Compare that to the economic downturn. It took 20 months for the 50 percent to get back to their pre-crisis income levels. It took the top half of the population to recover. Over the last year or so, it's been the poorer half of America that has been improving their position, with rising incomes helping push them closer to richer Americans.

Benefiting from a tight labor market and generous government benefits, the bottom 50 percent of the population had a 20 percent increase in disposable income. It wasn't something that had been done before. Pandemic-era government benefits were rolled back in 2022, but the poorer half of America has continued to see incomes grow faster than the top half of America due to a tight labor market.

The bottom 50 percent of income earners saw a 5.1% increase in their real incomes in the first quarter of 2022, according to Zucman's Real-Time Inequality tool. The majority of people saw an increase. The crash in the stock market and other asset markets led to a decline in the top ten percent and one percent.

In other words, the gap between rich and poor has been narrowing. In the past 40 years the bottom has seen very little income growth and the top has seen a lot of gains.

The White House jumped on the chance to highlight the gains for working class Americans when Zucman and his team first released their inequality focused GDP prototype earlier this year.

There's more to the wage surge for low income Americans. In a tight labor market, businesses have been forced to pay low-wage workers more, and they've been raising their prices to cover growing labor costs, which is one of the reasons why inflation has been increasing. There is a tradeoff between inflation and a tight labor market.

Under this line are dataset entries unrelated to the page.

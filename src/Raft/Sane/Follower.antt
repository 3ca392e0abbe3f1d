-- ===== src/Raft/Sane/Follower.antt =====
-- The methods of a follower, in a group of nodes that talk to each other only.
use cs525_project.Common.{
  ℕ, ◌-◌, ◌≡◌, refl, Bool, true, false, Option, none, some, List, Option-cases, inl, inr,
  Bool-cases, String, ltb, ◌==◌,
}
use cs525_project.Protocol.{
  Entry, AppendEntriesMessage, RequestVotesMessage, Message, request_votes_message,
  append_entries_message,
}
use cs525_project.Protocol.MessageType
use cs525_project.Protocol.MessageDirection
use cs525_project.Raft.State.{RaftNode, Role, raise, pure, ◌>>◌}
use cs525_project.Raft.Client.{get_client_request}
use cs525_project.Raft.Send.{send_client_request}
use cs525_project.Raft.Follower.{
  see_term, may_vote, on_request_votes, truthy, forward_request, on_heartbeat, accept_entries,
  on_verified, on_append_entries, on_committal, follower_message, follower_receive,
  follower_timeout, follower_round,
}
use cs525_project.Raft.Relates.{Relates, relates_rules, Relates-bind}
use cs525_project.Raft.Sane.{
  IsHonest, honest, IsSane, IsSaneAppend, IsSaneOption, send_vote-IsHonest,
  send_acknowledge-IsHonest, send_client_request-IsHonest,
}
use cs525_project.Raft.Sane.Log.{
  set_current_role-IsHonest, increment_term-IsHonest, commit_entry-IsHonest, append_entry-IsHonest,
  get_client_request-IsHonest, request-legal, leader_id-IsHonest,
}

module _ {P : Entry → Type 0} {ids : List String} where
  see_term-IsHonest :
      (term : ℕ) (s : RaftNode) → IsHonest P ids s → IsHonest P ids (see_term term s)
  unfolding see_term
  see_term-IsHonest term s h = elim (Bool-cases (ltb s.current_term term)) [
    | inl y ↦ rw y (increment_term-IsHonest (some term) s h)
    | inr n ↦ rw n h
  ]

  on_request_votes-IsHonest :
      (m : RequestVotesMessage) (s : RaftNode)
      → IsHonest P ids s
      → IsHonest P ids (on_request_votes m s)
  unfolding on_request_votes
  on_request_votes-IsHonest m s h =
      send_vote-IsHonest m.sender (may_vote m (see_term m.term s)) _ (see_term-IsHonest m.term s h)

  forwarded :
      (leader : Option String) (request : Option Entry) (s : RaftNode)
      → ((e : Entry) → request ≡ some e → P e)
      → IsHonest P ids s
      → IsHonest P ids (elim request [ none ↦ s | some e ↦ send_client_request leader e s ])
  forwarded leader none s p h = h
  forwarded leader (some e) s p h = send_client_request-IsHonest leader e s (p e refl) h

  forward_request-IsHonest :
      (leader : Option String) (s : RaftNode)
      → IsHonest P ids s
      → IsHonest P ids (forward_request leader s)
  unfolding forward_request
  forward_request-IsHonest leader s h =
      let (request, s') = get_client_request s in
      forwarded leader request s' (λ e q. request-legal s e h q) (get_client_request-IsHonest s h)

  on_heartbeat-IsHonest :
      (m : AppendEntriesMessage) (s : RaftNode)
      → IsHonest P ids s
      → IsHonest P ids (on_heartbeat m s)
  unfolding on_heartbeat
  on_heartbeat-IsHonest m s h =
      let k = leader_id-IsHonest m.leader_id _ (see_term-IsHonest m.term s h) in
      elim (Bool-cases (truthy m.leader_id)) [
        | inl y ↦ rw y (forward_request-IsHonest m.leader_id _ k)
        | inr n ↦ rw n k
      ]

  accept_entries-IsHonest :
      (m : AppendEntriesMessage) (entries : Option Entry)
      → ((e : Entry) → entries ≡ some e → P e)
      → Relates (honest P ids) (accept_entries m entries)
  unfolding accept_entries
  accept_entries-IsHonest m none p = search (relates_rules)
  accept_entries-IsHonest m (some entry) p =
      let legal : P entry = p entry refl in
      search (relates_rules, append_entry-IsHonest, send_acknowledge-IsHonest) depth 8

  on_verified-IsHonest :
      (m : AppendEntriesMessage) (verified : Bool)
      → IsSaneAppend P ids m
      → Relates (honest P ids) (on_verified m verified)
  unfolding on_verified
  on_verified-IsHonest m false k = search (relates_rules, send_acknowledge-IsHonest)
  on_verified-IsHonest m true k = accept_entries-IsHonest m m.entries k.legal

  on_append_entries-IsHonest :
      (m : AppendEntriesMessage)
      → IsSaneAppend P ids m
      → Relates (honest P ids) (on_append_entries m)
  unfolding on_append_entries
  on_append_entries-IsHonest m k =
      search (relates_rules, send_acknowledge-IsHonest, on_verified-IsHonest) depth 9

  on_committal-IsHonest : (m : AppendEntriesMessage) → Relates (honest P ids) (on_committal m)
  unfolding on_committal raise
  on_committal-IsHonest m = record {
    at = λ s h. elim (Option-cases m.prev_log_index) [
      | inl e ↦ rw e h
      | inr (index, e) ↦ rw e (elim (Option-cases m.prev_log_term) [
        | inl e' ↦ rw e' h
        | inr (term, e') ↦ rw e' (commit_entry-IsHonest index term s h)
      ])
    ];
  }

  follower_message-IsHonest :
      (now last : ℕ) (m : Message)
      → IsSane P ids m
      → Relates (honest P ids) (follower_message now last m)
  unfolding follower_message
  follower_message-IsHonest now last (request_votes_message m) k = record {
    at = λ s h. elim (Bool-cases (m.direction == MessageDirection.request)) [
      | inl d ↦ rw d (on_request_votes-IsHonest m s h)
      | inr n ↦ rw n h
    ];
  }
  follower_message-IsHonest now last (append_entries_message m) k = record {
    at = λ s h.
        let appended : Relates (honest P ids) (on_append_entries m >> pure last) =
          search (relates_rules, on_append_entries-IsHonest) in
        let committed : Relates (honest P ids) (on_committal m >> pure last) =
          search (relates_rules, on_committal-IsHonest) in
        elim (Bool-cases (m.direction == MessageDirection.request)) [
          | inr n ↦ rw n h
          | inl d ↦ elim (Bool-cases (m.type_ == MessageType.heartbeat)) [
            | inl y ↦ rw (d, y) (on_heartbeat-IsHonest m s h)
            | inr a ↦ elim (Bool-cases (m.type_ == MessageType.append_entries)) [
              | inl y ↦ rw (d, a, y) (appended.at s h)
              | inr b ↦ elim (Bool-cases (m.type_ == MessageType.committal)) [
                | inl y ↦ rw (d, a, b, y) (committed.at s h)
                | inr c ↦ rw (d, a, b, c) h
              ]
            ]
          ]
        ];
  }

  follower_receive-IsHonest :
      (now last : ℕ) (incoming : Option Message)
      → IsSaneOption P ids incoming
      → Relates (honest P ids) (follower_receive now last incoming)
  unfolding follower_receive
  follower_receive-IsHonest now last none k = record { at = λ s h. h }
  follower_receive-IsHonest now last (some m) k = record {
    at = (follower_message-IsHonest now last m k).at;
  }

  follower_timeout-IsHonest : (now last : ℕ) → Relates (honest P ids) (follower_timeout now last)
  unfolding follower_timeout
  follower_timeout-IsHonest now last = record {
    at = λ s h. elim (Bool-cases (ltb s.election_timeout (now - last))) [
      | inl y ↦ rw y (set_current_role-IsHonest Role.candidate s h)
      | inr n ↦ rw n h
    ];
  }

  pub follower_round-IsHonest :
      (now later : ℕ) (incoming : Option Message) (last : ℕ)
      → IsSaneOption P ids incoming
      → Relates (honest P ids) (follower_round now later incoming last)
  unfolding follower_round
  follower_round-IsHonest now later incoming last k =
      Relates-bind _ _ (follower_receive-IsHonest now last incoming k)
        (follower_timeout-IsHonest later)
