-- ===== src/Raft/Sane/Candidate.antt =====
-- The methods of a candidate, in a group of nodes that talk to each other only.
use cs525_project.Common.{
  ℕ, ◌-◌, ◌≡◌, Bool, true, Option, none, some, List, inl, inr, if◌then◌else◌, Bool-cases, String,
  ltb, leb, ◌==◌, ok, Result,
}
use cs525_project.Protocol.{
  Entry, AppendEntriesMessage, RequestVotesMessage, Message, request_votes_message,
  append_entries_message, votes, RequestVotesResults,
}
use cs525_project.Protocol.MessageType
use cs525_project.Protocol.MessageDirection
use cs525_project.Raft.State.{RaftNode, Role}
use cs525_project.Raft.Log.{set_current_role}
use cs525_project.Raft.Follower.{Flow, again, done}
use cs525_project.Raft.Candidate.{
  Election, candidate_start, is_granted, has_majority, tally, on_vote, yield_leader,
  candidate_message, candidate_receive, candidate_timeout, candidate_round,
}
use cs525_project.Raft.Returns.{Returns, Ensures, Returns-bind}
use cs525_project.Raft.Sane.{
  IsHonest, IsSane, IsSaneOption, send_vote-IsHonest, send_request_vote-IsHonest,
}
use cs525_project.Raft.Sane.Log.{
  set_current_role-IsHonest, increment_term-IsHonest, leader_id-IsHonest,
}
use cs525_project.Raft.Sane.Leading.{yield_vote-IsHonest}

module _ {P : Entry → Type 0} {ids : List String} where
  pub candidate_start-IsHonest :
      (now : ℕ) (s : RaftNode) → IsHonest P ids s → IsHonest P ids (candidate_start now s).1
  unfolding candidate_start
  candidate_start-IsHonest now s h =
      send_vote-IsHonest _ true _
        (send_request_vote-IsHonest none _ (increment_term-IsHonest none s h))

  -- A vote, when its results have been read.
  counted :
      (granted : Bool) (e : Election) (s : RaftNode)
      → IsHonest P ids s
      → let e' = tally granted e in
        let p : Result (Flow Election) × RaftNode =
          (if has_majority e'.votes_for_me s.current_num_nodes
            then (ok done, set_current_role Role.leader s)
            else (ok (again e'), s)) in
        Ensures (λ flow t. IsHonest P ids t) p.0 p.1
  counted granted e s h =
      elim (Bool-cases (has_majority (tally granted e).votes_for_me s.current_num_nodes)) [
        | inl y ↦ rw y (set_current_role-IsHonest Role.leader s h)
        | inr n ↦ rw n h
      ]

  on_vote-IsHonest :
      (m : RequestVotesMessage) (r : RequestVotesResults) (e : Election) (s : RaftNode)
      → m.results ≡ votes r
      → IsHonest P ids s
      → Returns (λ flow t. IsHonest P ids t) (on_vote m e) s
  unfolding on_vote
  on_vote-IsHonest m r e s v h = record { holds = rw v (counted (is_granted r.vote_granted) e s h) }

  yield_leader-IsHonest :
      (m : AppendEntriesMessage) (s : RaftNode)
      → IsHonest P ids s
      → IsHonest P ids (yield_leader m s)
  unfolding yield_leader
  yield_leader-IsHonest m s h =
      set_current_role-IsHonest Role.follower _
        (leader_id-IsHonest m.leader_id _ (increment_term-IsHonest (some m.term) s h))

  candidate_message-IsHonest :
      (m : Message) (e : Election) (s : RaftNode)
      → IsSane P ids m
      → IsHonest P ids s
      → Returns (λ flow t. IsHonest P ids t) (candidate_message m e) s
  unfolding candidate_message
  candidate_message-IsHonest (request_votes_message m) e s k h = record {
    holds = elim (Bool-cases (m.direction == MessageDirection.response)) [
      | inl y ↦ rw y ((on_vote-IsHonest m k.1 e s k.2 h).holds)
      | inr n ↦ elim (Bool-cases (m.direction == MessageDirection.request)) [
        | inr o ↦ rw (n, o) h
        | inl d ↦ elim (Bool-cases (ltb s.current_term m.term)) [
          | inl t ↦ rw (n, d, t) (yield_vote-IsHonest m s h)
          | inr o ↦ rw (n, d, o) h
        ]
      ]
    ];
  }
  candidate_message-IsHonest (append_entries_message m) e s k h = record {
    holds = elim (Bool-cases (m.direction == MessageDirection.request)) [
      | inr n ↦ rw n h
      | inl d ↦ elim (Bool-cases (m.type_ == MessageType.heartbeat)) [
        | inr n ↦ rw (d, n) h
        | inl t ↦ elim (Bool-cases (leb s.current_term m.term)) [
          | inl y ↦ rw (d, t, y) (yield_leader-IsHonest m s h)
          | inr o ↦ rw (d, t, o) h
        ]
      ]
    ];
  }

  candidate_receive-IsHonest :
      (incoming : Option Message) (e : Election) (s : RaftNode)
      → IsSaneOption P ids incoming
      → IsHonest P ids s
      → Returns (λ flow t. IsHonest P ids t) (candidate_receive incoming e) s
  unfolding candidate_receive
  candidate_receive-IsHonest none e s k h = record { holds = h }
  candidate_receive-IsHonest (some m) e s k h = record {
    holds = (candidate_message-IsHonest m e s k h).holds;
  }

  candidate_timeout-IsHonest :
      (now : ℕ) (flow : Flow Election) (s : RaftNode)
      → IsHonest P ids s
      → Returns (λ flow' t. IsHonest P ids t) (candidate_timeout now flow) s
  unfolding candidate_timeout
  candidate_timeout-IsHonest now done s h = record { holds = h }
  candidate_timeout-IsHonest now (again e) s h = record {
    holds = elim (Bool-cases (ltb s.election_timeout (now - e.time_election_going))) [
      | inl y ↦ rw y (set_current_role-IsHonest Role.candidate s h)
      | inr n ↦ rw n h
    ];
  }

  pub candidate_round-IsHonest :
      (now : ℕ) (incoming : Option Message) (e : Election) (s : RaftNode)
      → IsSaneOption P ids incoming
      → IsHonest P ids s
      → Returns (λ flow t. IsHonest P ids t) (candidate_round now incoming e) s
  unfolding candidate_round
  candidate_round-IsHonest now incoming e s k h =
      Returns-bind _ _ s (candidate_receive-IsHonest incoming e s k h)
        λ flow t ht. candidate_timeout-IsHonest now flow t ht
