-- ===== src/Raft/Sane/Returning.antt =====
-- A follower and the messages of a group of nodes that talk to each other only.
use cs525_project.Common.{
  ℕ, suc, ◌-◌, ◌<◌, ◌≡◌, refl, Bool, true, false, Option, none, some, List, arith, String, inl, inr,
  if◌then◌else◌, Bool-cases, ltb, leb, length, ◌==◌, ==_iff, ok, get_elem?-lt, take, length-take,
}
use cs525_project.Protocol.{
  Entry, AppendEntriesMessage, Message, request_votes_message, append_entries_message,
}
use cs525_project.Protocol.MessageType
use cs525_project.Protocol.MessageDirection
use cs525_project.Raft.State.{RaftNode, pure, reads, modify, ◌>>=◌}
use cs525_project.Raft.Log.{append_entry, verify_entry, cut_log, place_entry, is_term}
use cs525_project.Raft.Send.{send_acknowledge}
use cs525_project.Raft.Follower.{
  accept_entries, on_verified, on_append_entries, on_committal, follower_message, follower_receive,
  follower_timeout, follower_round,
}
use cs525_project.Raft.Returns.{
  Returns, Returns-bind, Returns-pure, Returns-reads, Returns-gets, Returns-modify,
}
use cs525_project.Raft.Sane.{IsSane, IsSaneAppend, IsSaneOption}

-- Whatever the result is, there is one.
abbrev pub Any : {A : Type 0} → A → RaftNode → Type 0
Any a s = Unit

-- The log reaches beyond the index that was verified.
verified_inside :
    (i : ℕ) (t : Option ℕ) (s : RaftNode)
    → (b : Bool) × (verify_entry (some i) t s ≡ ok b) × (b ≡ true → i < length s.log)
unfolding verify_entry
verified_inside i t s = elim (Bool-cases (leb (length s.log) i)) [
  | inl y ↦ (false, rw y, λ e. absurd (cc e))
  | inr n ↦
      (let (e, found) = get_elem?-lt s.log i (ground arith) in
        (is_term t e.term, rw (n, found), λ _. ground arith))
]

append_inside :
    (e : Entry) (commit : Bool) (i : ℕ) (s : RaftNode)
    → i < length s.log
    → Returns Any (append_entry e commit (some i)) s
unfolding append_entry cut_log place_entry
append_inside e commit i s h =
    let (last, found) =
      get_elem?-lt (take (suc i) s.log) (length (take (suc i) s.log) - 1)
        (omega (arith, length-take (suc i) s.log, h)) in
    record { holds = rw found tt }

accept_inside :
    (m : AppendEntriesMessage) (e : Entry) (i : ℕ) (s : RaftNode)
    → m.prev_log_index ≡ some i
    → i < length s.log
    → Returns Any (accept_entries m (some e)) s
unfolding accept_entries
accept_inside m e i s at h =
    Returns-bind {P = λ c t. t ≡ s} _ _ s (Returns-gets _ s refl) λ commit t same.
      Returns-bind {P = Any} _ _ t (rw (at, same) (append_inside e commit i s h))
        λ _ u _. Returns-modify {P = Any} _ u tt

on_verified-Returns :
    (m : AppendEntriesMessage) (e : Entry) (i : ℕ) (verified : Bool) (s : RaftNode)
    → m.prev_log_index ≡ some i
    → m.entries ≡ some e
    → (verified ≡ true → i < length s.log)
    → Returns Any (on_verified m verified) s
unfolding on_verified accept_entries
on_verified-Returns m e i false s at carried h = Returns-modify {P = Any} _ s tt
on_verified-Returns m e i true s at carried h = rw carried (accept_inside m e i s at (h refl))

looked_up :
    (m : AppendEntriesMessage) (e : Entry) (i : ℕ) (stale : Bool) (s : RaftNode)
    → m.prev_log_index ≡ some i
    → m.entries ≡ some e
    → Returns Any
        (if stale
          then modify (send_acknowledge m.leader_id false)
          else (reads (verify_entry m.prev_log_index m.prev_log_term) >>= on_verified m))
        s
looked_up m e i true s at carried = Returns-modify {P = Any} _ s tt
looked_up m e i false s at carried =
    let (b, verified, inside) = verified_inside i m.prev_log_term s in
    Returns-bind {P = λ c t. c ≡ true → i < length t.log} _ _ s
      (Returns-reads _ b s (rw at verified) inside)
      λ c t h. on_verified-Returns m e i c t at carried h

module _ (P : Entry → Type 0) (ids : List String) where
  on_append_entries-Returns :
      (m : AppendEntriesMessage) (s : RaftNode)
      → IsSaneAppend P ids m
      → m.type_ ≡ MessageType.append_entries
      → Returns Any (on_append_entries m) s
  unfolding on_append_entries
  on_append_entries-Returns m s k e =
      let (i, t, at, term_at) = k.behind e in
      let (entry, carried) = k.carried e in
      Returns-bind {P = Any} _ _ s (Returns-gets _ s tt)
        λ stale u _. looked_up m entry i stale u at carried

  on_committal-Returns :
      (m : AppendEntriesMessage) (s : RaftNode)
      → IsSaneAppend P ids m
      → m.type_ ≡ MessageType.committal
      → Returns Any (on_committal m) s
  unfolding on_committal
  on_committal-Returns m s k e =
      let (i, t, at, term_at) = k.reached e in record { holds = rw (at, term_at) tt }

  follower_message-Returns :
      (now last : ℕ) (m : Message) (s : RaftNode)
      → IsSane P ids m
      → Returns Any (follower_message now last m) s
  unfolding follower_message
  follower_message-Returns now last (request_votes_message m) s k = record {
    holds = elim (Bool-cases (m.direction == MessageDirection.request)) [
      | inl y ↦ rw y tt
      | inr n ↦ rw n tt
    ];
  }
  follower_message-Returns now last (append_entries_message m) s k =
      let appended = λ (y : (m.type_ == MessageType.append_entries) ≡ true).
        Returns-bind {P = Any} {Q = Any} _ (λ _. pure last) s
          (on_append_entries-Returns m s k ((==_iff m.type_ MessageType.append_entries).0 y))
          λ _ u _. Returns-pure last u tt in
      let committed = λ (y : (m.type_ == MessageType.committal) ≡ true).
        Returns-bind {P = Any} {Q = Any} _ (λ _. pure last) s
          (on_committal-Returns m s k ((==_iff m.type_ MessageType.committal).0 y))
          λ _ u _. Returns-pure last u tt in
      record {
        holds = elim (Bool-cases (m.direction == MessageDirection.request)) [
          | inr n ↦ rw n tt
          | inl d ↦ elim (Bool-cases (m.type_ == MessageType.heartbeat)) [
            | inl y ↦ rw (d, y) tt
            | inr a ↦ elim (Bool-cases (m.type_ == MessageType.append_entries)) [
              | inl y ↦ rw (d, a, y) (appended y).holds
              | inr b ↦ elim (Bool-cases (m.type_ == MessageType.committal)) [
                | inl y ↦ rw (d, a, b, y) (committed y).holds
                | inr c ↦ rw (d, a, b, c) tt
              ]
            ]
          ]
        ];
      }

  follower_receive-Returns :
      (now last : ℕ) (incoming : Option Message) (s : RaftNode)
      → IsSaneOption P ids incoming
      → Returns Any (follower_receive now last incoming) s
  unfolding follower_receive
  follower_receive-Returns now last none s k = record { holds = tt }
  follower_receive-Returns now last (some m) s k = record {
    holds = (follower_message-Returns now last m s k).holds;
  }

  pub follower_round-Returns :
      (now later : ℕ) (incoming : Option Message) (last : ℕ) (s : RaftNode)
      → IsSaneOption P ids incoming
      → Returns Any (follower_round now later incoming last) s
  unfolding follower_round follower_timeout
  follower_round-Returns now later incoming last s k =
      Returns-bind {P = Any} _ _ s (follower_receive-Returns now last incoming s k) λ at u _.
        record {
          holds = elim (Bool-cases (ltb u.election_timeout (later - at))) [
            | inl y ↦ rw y tt
            | inr n ↦ rw n tt
          ];
        }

Zucman dislikes inflation like everyone else. Let's discuss if it's the price to pay for gains for groups that have been excluded from growth. I think the tool that we're trying to develop will allow for an informed debate about trade offs.

Where the wind is blowing is clear. The Federal Reserve is raising interest rates, which will end the bonanza for low income workers.

Simon Kuznets is also known for his contribution to GDP. He's well known for the Kuznets curve. According to data from the 1950s, it's an idea that as countries develop, inequality begins to decrease. If the past 40 years of American economic history is any indication, that is not a pipe dream.